Here is my new Photography page on Facebook: https://www.facebook.com/MNMPV , you are welcome to like it and enjoy the pictures I post there.

Any comment on a photo will be taken seriously.



Regards


----------



## The_Traveler (Dec 23, 2012)

titanos,

typically people will not go somewhere else to look at pictures because this community thrives on pictures posted and critiqued  here for the education of all.

I encourage you to post one or two of the shots you like for critique.

Lew


----------



## gw2424 (Dec 23, 2012)

Flickr works well too.


----------



## Light Guru (Dec 23, 2012)

It's a Facebook page, and they all look the same. 

If you want an online place to showcase your photography then build yourself a proper website.

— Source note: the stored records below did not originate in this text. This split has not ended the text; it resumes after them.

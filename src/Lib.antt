-- ===== src/Lib.antt =====
-- HotSot, a pickup-first commerce system of Python services over Kafka, PostgreSQL and Redis: the core
-- logic of its order, payment, kitchen and shelf parts.
--
-- Each part below is translated method by method. A method that changes an object returns the new
-- record; an exception is a value; the clock, random numbers, Redis, Kafka, the database and HTTP are
-- arguments. Log calls are left out. Durations, percentages and Decimals are exact, where the source has
-- floats and 28 digits.
--
-- Order (services/order-service/app/core/state_machine.py, shared/types/schemas.py): Order/Status.antt
-- has the states and the transition, terminal and cancellable tables; Order/Machine.antt has the class
-- StateMachine with its guards, `transition` and `validate_sequence`. A state is a value of the enum
-- OrderStatus; texts outside the enum, for which the tables have no entry, are not modelled.
--
-- Money (shared/money.py): Money/Rounding.antt has Decimal and `round_inr`, Money/Amount.antt the class
-- Money in whole paise, Money/Gst.antt the GST split, the commission and the invoice check. Decimal
-- arithmetic is exact: amounts below 10 ^ 26 rupees do not meet the 28 digits of the context. Printing
-- and reading of decimal texts belong to the decimal module and are arguments.
--
-- Breaker (shared/circuit_breaker.py): Breaker/Core.antt has the class CircuitBreaker, each operation
-- under its lock as one step with its readings of the clock as arguments; Breaker/Run.antt has the
-- sequences of operations, Breaker/Registry.antt the class ServiceCircuitBreakerManager. A time is a whole
-- number of ticks.
--
-- Compensation (services/compensation-service/app): Compensation/Engine.antt has the rules,
-- `calculate_compensation` and `trigger_refund` of core/engine.py, Compensation/Trigger.antt the handler
-- `trigger_compensation` of routes/compensation.py with the cases it stores. A Decimal is a whole number
-- of units of which `d` make a paisa.
--
-- Shelf (services/shelf-service/app/core): Shelf/Ttl.antt has the class TTLEngine of ttl_engine.py with
-- its in-memory fallback, Shelf/Worker.antt the processing of one key by TTLWorker of ttl_worker.py over a
-- sequence of scans and of extensions of the TTL. A time is in microseconds.
--
-- Gateway (shared/payment_gateway.py): Gateway/Http.antt has the retries of `_make_request`,
-- Gateway/Api.antt the class RazorpayGateway with its idempotency store and the operations that charge,
-- capture and refund. What each attempt at a request meets is an argument.
--
-- Locking (shared/optimistic_locking.py): Locking/Update.antt has the versioned update and its retries
-- over a database given as a record of operations with the laws of a conditional UPDATE; what a session gives
-- to the SELECT of an attempt, the row or an instance it still holds, is an argument.
-- Locking/Clients.antt has interleaved clients of one row.
--
-- Saga (services/order-service/app/core/saga.py): Saga/Definition.antt has the three saga definitions,
-- Saga/Engine.antt the class SagaEngine. A step is named by a text; what a compensation would emit is a
-- result.
--
-- Kitchen (services/kitchen-service/app/core/engine.py): Kitchen/Staff.antt has the class
-- StaffAssignmentEngine over a Redis server given by the laws of its lists; a command may fail before it runs or
-- after, where its answer is lost.
--
-- Arrival (services/arrival-service/app/core/dedup.py): Arrival/Dedup.antt has `is_duplicate` of the class
-- ArrivalDeduplicator over a Redis server given by the laws of its keys; the digest is an argument. Its two commands may stand apart in a sequence of events.
--
-- Routes (services/order-service/app/routes/orders.py, app/core/database.py): Routes/Store.antt has the row,
-- the effects of a request and the monad of a handler, Routes/Payment.antt, Preparation.antt, Pickup.antt and
-- Closing.antt the handlers from the creation to the cancellation, Routes/Service.antt the routes over one
-- order with their transaction, the idempotency cache and the two reads. A handler answers with a value or
-- with the status code of an HTTPException; the database rolls back on a failure, its own at a flush or at the
-- commit among them, Kafka and Redis do not. What Redis, the compliance gate and the database answer is an
-- argument. Payloads, sequence numbers and expiry of the cache are left out, and so are
-- the lists of orders by kitchen and by user. Routes/Induction.antt has the induction over calls.
--
-- RedisClient (shared/utils/redis_client.py): RedisClient/Server.antt has the commands of a Redis server by
-- what Redis documents of them, RedisClient/Client.antt the class RedisClient with its two scripts and the
-- breaker that all clients share, RedisClient/Run.antt sequences of its calls, RedisClient/Domain.antt the
-- helpers of orders, kitchens and ETAs, RedisClient/Rate.antt the rate limit over sorted sets. A text is a
-- number, and so is a key. Each call has its readings of the clocks and what happens to its commands as
-- arguments: no client, an answer, an error before the command, or one after it. JSON is a pair of functions.
-- Connecting, subscribing and the health check are not modelled.
--
-- Notify (services/notification-service/app/core/dispatcher.py): Notify/Channels.antt has the five senders of
-- the class NotificationDispatcher, Notify/Dispatch.antt its method `dispatch` over a Redis server given by
-- the laws of its counters and keys. What a provider does with a call, the preferences, the clocks and
-- whether the database takes a row are arguments; a statement that fails rolls the session back. A call has a tenant; whether a text has one of the
-- transactional keywords is an argument.
--
-- Kafka (shared/utils/kafka_client.py): Kafka/Producer.antt has `publish_event` of the class KafkaProducer with
-- its fallback log and `replay_fallback_log` of the class KafkaRecoveryService, Kafka/Consumer.antt the classes
-- EventDedupStore and KafkaConsumer. An event is a number, the file of the log a list of lines which takes
-- every write; what a send, a handler, a commit and the clock do are arguments.
--
-- Auth (shared/auth/jwt.py): Auth/Tokens.antt has the tokens over the jose package, given by what it documents of
-- signing and decoding, Auth/Session.antt the class TokenRevocation, `logout`, `get_current_user`, the guards of
-- roles and tenants and the two functions of the middleware, over a Redis server. Claims are all there; the
-- empty text is 0.
pub mod Base
pub mod Arrival
pub mod Auth
pub mod Breaker
pub mod Compensation
pub mod Gateway
pub mod Kafka
pub mod Kitchen
pub mod Locking
pub mod Money
pub mod Notify
pub mod Order
pub mod RedisClient
pub mod Routes
pub mod Saga
pub mod Shelf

Personally I think that the main purpose for a Facebook photography page is to stroke ones own ego by getting "likes"


----------



## titanos (Dec 24, 2012)

Thank you for your comments and *Light Guru* I didnt mean it that way I just didnt know or look where else to post them pictures I really dont mind the so called "likes", its all about the critique for me.

But will take them advices thank you


----------



## Derrel (Dec 24, 2012)

This is the right place for this type of post, since this **is**, after all,

Forum
The Marketplace
Personal and Professional Photography Websites"


----------